*Work instructions*
Records follow. Copy every line with "else".

━━━━━ Records supplied ━━━━━

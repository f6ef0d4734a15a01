-- ===== src/Control/Post.antt =====
-- What holds of the value and of the state that a piece of code ends with.
use librfid.Prelude.{◌≡◌, refl, Bool, true, false, if◌then◌else◌}
use mathlib.Core.Path.{subst}
use librfid.Control.{M, Run, ok, returned, fault, out_of_fuel, and_then, put_back}

-- A run that, if it ends with a value, ends with a value and in a state for which `Q` holds
unfoldable pub Post : {S A : Type 0} → (A → S → Type 0) → Run S A → Type 0
Post Q (ok a s) = Q a s
Post Q _ = Unit

pub Post-bind :
    {S A B : Type 0} (P : A → S → Type 0) (Q : B → S → Type 0) (m : Run S A) (k : A → M S B)
    → Post P m
    → ((a : A) (s : S) → P a s → Post Q (k a s))
    → Post Q (and_then m k)
unfolding Post
Post-bind P Q (ok a s) k first rest = rest a s first
Post-bind P Q (returned r s) k first rest = tt
Post-bind P Q fault k first rest = tt
Post-bind P Q out_of_fuel k first rest = tt

pub Post-ok : {S A : Type 0} (Q : A → S → Type 0) (a : A) (s : S) → Q a s → Post Q (ok a s)
unfolding Post
Post-ok Q a s q = q

pub Post-if :
    {S A : Type 0} (Q : A → S → Type 0) (b : Bool) (x y : Run S A)
    → (b ≡ true → Post Q x)
    → (b ≡ false → Post Q y)
    → Post Q (if b then x else y)
Post-if Q true x y first second = first refl
Post-if Q false x y first second = second refl

pub Post-branch :
    {S A : Type 0} (Q : A → S → Type 0) (b : Bool) (x y : M S A) (s : S)
    → (b ≡ true → Post Q (x s))
    → (b ≡ false → Post Q (y s))
    → Post Q ((if b then x else y) s)
Post-branch Q true x y s first second = first refl
Post-branch Q false x y s first second = second refl

pub put_back-Post :
    {S T A : Type 0} (Q : A → S → Type 0) (update : S → T → S) (r : Run T A) (s : S)
    → ((a : A) (t : T) → Q a (update s t))
    → Post Q (put_back update r s)
unfolding Post
put_back-Post Q update (ok a t) s always = always a t
put_back-Post Q update (returned r t) s always = tt
put_back-Post Q update fault s always = tt
put_back-Post Q update out_of_fuel s always = tt

pub ended :
    {S A : Type 0} (Q : A → S → Type 0) (m : Run S A) (a : A) (s : S)
    → m ≡ ok a s
    → Post Q m
    → Q a s
unfolding Post
ended Q m a s e p = subst (Post Q) e p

━━━━━

*Final answer*
use librfid.Prelude.{◌≡◌, refl, Bool, true, false, if◌then◌else◌}
    → Post Q (if b then x else y)
    → Post Q ((if b then x else y) s)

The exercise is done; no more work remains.